# WANTED! Girls with Horses



## davetee (Apr 12, 2010)

I'm offering 3 FREE photo portrait sessions including 8x6 framed print (worth £95) to 3 girls/young women, within 15 miles of my area, with their horses as I need pics to expand my portfolio & website at Vogue Images - Lifestyle and Portrait Photography in Essex and Herts

These are the types of shots I'm used to doing, but I'm looking to do more rider/horse portrait pictures Camargue Horses - a set on Flickr


The yard should be in a nice location e.g. countryside, trees, scenic views.

Only one lucky participant with horse to be photographed during any one session.

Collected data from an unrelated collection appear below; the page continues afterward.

-- ===== src/Aggregator/Registry.antt =====
-- `BackendRegistry` of crates/scenery-mcp/src/aggregator.rs: registration, the surfaced tools and
-- the operations on single backends. Times are numbers given by the caller.
pub mod Grants
pub mod Bounds
pub mod Surface
pub mod Order
pub mod Place
pub mod Priority
pub mod Defects
use Prim.Native.String
use Prim.Native.String.{compare}
use Prim.Native.Nat.{Ordering}
use vectorhawkd.Base.{
  ℕ, ◌<◌, String, Bool, true, false, Option, none, some, List, [], ◌∷◌, ◌++◌, map, leb, ltb,
  contains, take, keep, length, Dict, lookup, insert, remove, adjust, values, if◌then◌else◌,
}
use vectorhawkd.Base.Json.{Json}
use vectorhawkd.Aggregator.Names.{namespace_tool}
use vectorhawkd.Aggregator.Budget
use vectorhawkd.Aggregator.Budget.{
  ToolBudget, remaining, has_room_for, consume, record_truncation, reset,
}
use vectorhawkd.Aggregator.Backend.{
  ToolDefinition, BackendEntry, visible_tools, record_success, record_error,
}

pub record Registry : Type 0 where
  pub backends : Dict BackendEntry
  pub budget : ToolBudget
  pub last_synced : Option ℕ

abbrev pub new : Registry
new = record { backends = []; budget = Budget.new; last_synced = none }

-- The block that both registrations share: the budget after a server with `tool_count` visible
-- tools, and the slots granted to it.
unfoldable pub allot : ToolBudget → String → ℕ → ToolBudget × ℕ
unfolding has_room_for consume remaining record_truncation
allot budget server_id tool_count =
    if has_room_for budget tool_count
    then (consume budget tool_count, tool_count)
    else let noted = if ltb 0 tool_count then record_truncation budget server_id else budget in
      (consume noted (remaining budget), remaining budget)

-- `entry.tools.truncate(budget_slots)`
abbrev pub truncate : ℕ → BackendEntry → BackendEntry
truncate slots e = record e { tools = take slots e.tools }

-- One entry, as both registrations load it.
unfoldable pub load : ToolBudget × Dict BackendEntry → BackendEntry → ToolBudget × Dict BackendEntry
load (budget, backends) e =
    let (budget', slots) = allot budget e.server_id (length (visible_tools e)) in
    (budget', insert e.server_id (truncate slots e) backends)

unfoldable pub register_backend : ℕ → BackendEntry → Registry → Registry
unfolding load
register_backend now e r =
    let (budget, backends) = load (r.budget, r.backends) e in
    record { backends = backends; budget = budget; last_synced = some now }

-- `sort_by_key(|e| Reverse(e.priority))`, the stable sort of the standard library.
unfoldable pub insert_by_priority : BackendEntry → List BackendEntry → List BackendEntry
insert_by_priority e [] = e ∷ []
insert_by_priority e (x ∷ xs) =
    if leb x.priority e.priority then e ∷ (x ∷ xs) else x ∷ insert_by_priority e xs

unfoldable pub sort_by_priority : List BackendEntry → List BackendEntry
unfolding insert_by_priority
sort_by_priority [] = []
sort_by_priority (e ∷ es) = insert_by_priority e (sort_by_priority es)

unfoldable pub load_all :
    ToolBudget × Dict BackendEntry → List BackendEntry → ToolBudget × Dict BackendEntry
unfolding load
load_all loaded [] = loaded
load_all loaded (e ∷ es) = load_all (load loaded e) es

unfoldable pub register_backends_with_priority : ℕ → List BackendEntry → Registry → Registry
unfolding sort_by_priority load_all reset
register_backends_with_priority now entries r =
    let (budget, backends) = load_all (reset r.budget, []) (sort_by_priority entries) in
    record { backends = backends; budget = budget; last_synced = some now }

-- A surfaced tool, the fields of its JSON object.
pub record Surfaced : Type 0 where
  pub name : String
  pub description : Option String
  pub input_schema : Option Json

abbrev labelled : String → Option String → Option String
labelled backend none = none
labelled backend (some text) = some (String.◌++◌ "[" (String.◌++◌ backend (String.◌++◌ "] " text)))

unfoldable pub surface_tool : BackendEntry → ToolDefinition → Surfaced
unfolding namespace_tool
surface_tool b tool = record {
  name = namespace_tool b.server_id tool.name;
  description = labelled b.name tool.description;
  input_schema = tool.input_schema;
}

-- What one backend adds to the surface.
unfoldable pub surface_backend : List String → BackendEntry → List Surfaced
unfolding surface_tool visible_tools
surface_backend excluded b =
    if b.unhealthy
    then []
    else if contains excluded b.server_id
    then []
    else map (surface_tool b) (visible_tools b)

unfoldable pub surface : List String → List BackendEntry → List Surfaced
unfolding surface_backend
surface excluded [] = []
surface excluded (b ∷ bs) = surface_backend excluded b ++ surface excluded bs

unfoldable pub all_tools_excluding : Registry → List String → List Surfaced
unfolding surface
all_tools_excluding r excluded = surface excluded (values r.backends)

unfoldable pub all_tools : Registry → List Surfaced
unfolding all_tools_excluding
all_tools r = all_tools_excluding r []

-- The registry's part; that the children are killed is the processes' part.
unfoldable pub shutdown : Registry → Registry
unfolding reset
shutdown r = record r { backends = []; budget = reset r.budget }

unfoldable pub remove_backend : String → Registry → Registry × Bool
remove_backend server_id r = (
  record r { backends = remove server_id r.backends },
  elim (lookup server_id r.backends) [ none ↦ false | some _ ↦ true ],
)

abbrev pub heal : BackendEntry → BackendEntry
heal b = if b.unhealthy then record b { consecutive_errors = 0; unhealthy = false } else b

unfoldable pub mark_healthy : String → Registry → Registry
mark_healthy server_id r = record r { backends = adjust server_id heal r.backends }

-- The update of the health state that ends a dispatch.
unfoldable pub settle : String → Bool → Registry → Registry
unfolding record_success record_error
settle server_id succeeded r = record r {
  backends =
      adjust server_id (λ b. if succeeded then record_success b else (record_error b).0) r.backends;
}

abbrev pub tool_names : String → Option BackendEntry → List String
tool_names server_id none = []
tool_names server_id (some b) = map (λ t. namespace_tool server_id t.name) b.tools

unfoldable pub backend_tools : Registry → String → List String
backend_tools r server_id = tool_names server_id (lookup server_id r.backends)

unfoldable pub truncated_backends : Registry → List String
truncated_backends r = r.budget.truncated_servers

unfoldable pub unhealthy_backends : Registry → List String
unhealthy_backends r = map (λ b. b.server_id) (keep (λ b. b.unhealthy) (values r.backends))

The shots will be static and taken bareback with jeans, t-shirt, casual and and change of clothes e.g. summer dress

Please use the contact details on my website (Under 18s please have your parents contact me). Please include a pic of yourself and horse with your email. The lucky participants will be contacted within a couple of days of receiving the email.

Thanks

Dave


----------



## Melx (Dec 23, 2009)

Hi Dave,

I have no pics of me with me but 2 of my horse? Would the picture need to be you with your horse? 

Mel


----------



## davetee (Apr 12, 2010)

Melx said:


> Hi Dave,
> 
> I have no pics of me with me but 2 of my horse? Would the picture need to be you with your horse?
> 
> Mel


Mel...Yes I'm looking to do portraits of the rider and horse but more of a lifestyle type portrait of both rather than riding or action shots.

Dave


----------



## toddy (Jan 24, 2009)

Aww can't you move nearer to me in Ashford.My horses are very photogenic


----------



## PurpleCrow (Mar 22, 2009)

Saw this on the board index at the top, thought, "Pervert!!" :lol::lol::lol:


----------



## Guest (Jun 26, 2010)

PurpleCrow said:


> Saw this on the board index at the top, thought, "Pervert!!" :lol::lol::lol:


so did i:thumbup:


----------



## davetee (Apr 12, 2010)

PurpleCrow said:


> Saw this on the board index at the top, thought, "Pervert!!" :lol::lol::lol:


Sorry...hope you're not too disappointed :lol:


----------



## Lollie1515 (Feb 9, 2010)

Hi Dave, Im from Essex and have a pony called Sonny. Do alot of competing in and around essex, but would be interested if you wanted more portrait piccys . Here are a few photos of him and me, let me know.

Thanks x


----------



## davetee (Apr 12, 2010)

Great pics Laura. Yes I would love to do some shots of you and Sonny. Just contact me and we'll arrange a day 

Dave


----------



## Koira (Aug 11, 2010)

Not interested in coming down to the Czech Republic? XD
Bummer. Congrats to whoever gets the pictures!


----------



## Aurelia (Apr 29, 2010)

That's very kind of you Dave, and of course you will pay the lucky selected few if you were to sell the images for publication too won't you?  and you'll tell the girls as much before you get them to sign a model release form too, else you won't be able to sell them on without their permission ...

Dave have you not tried any TFDL, TFCD or PFT sites/forums?


----------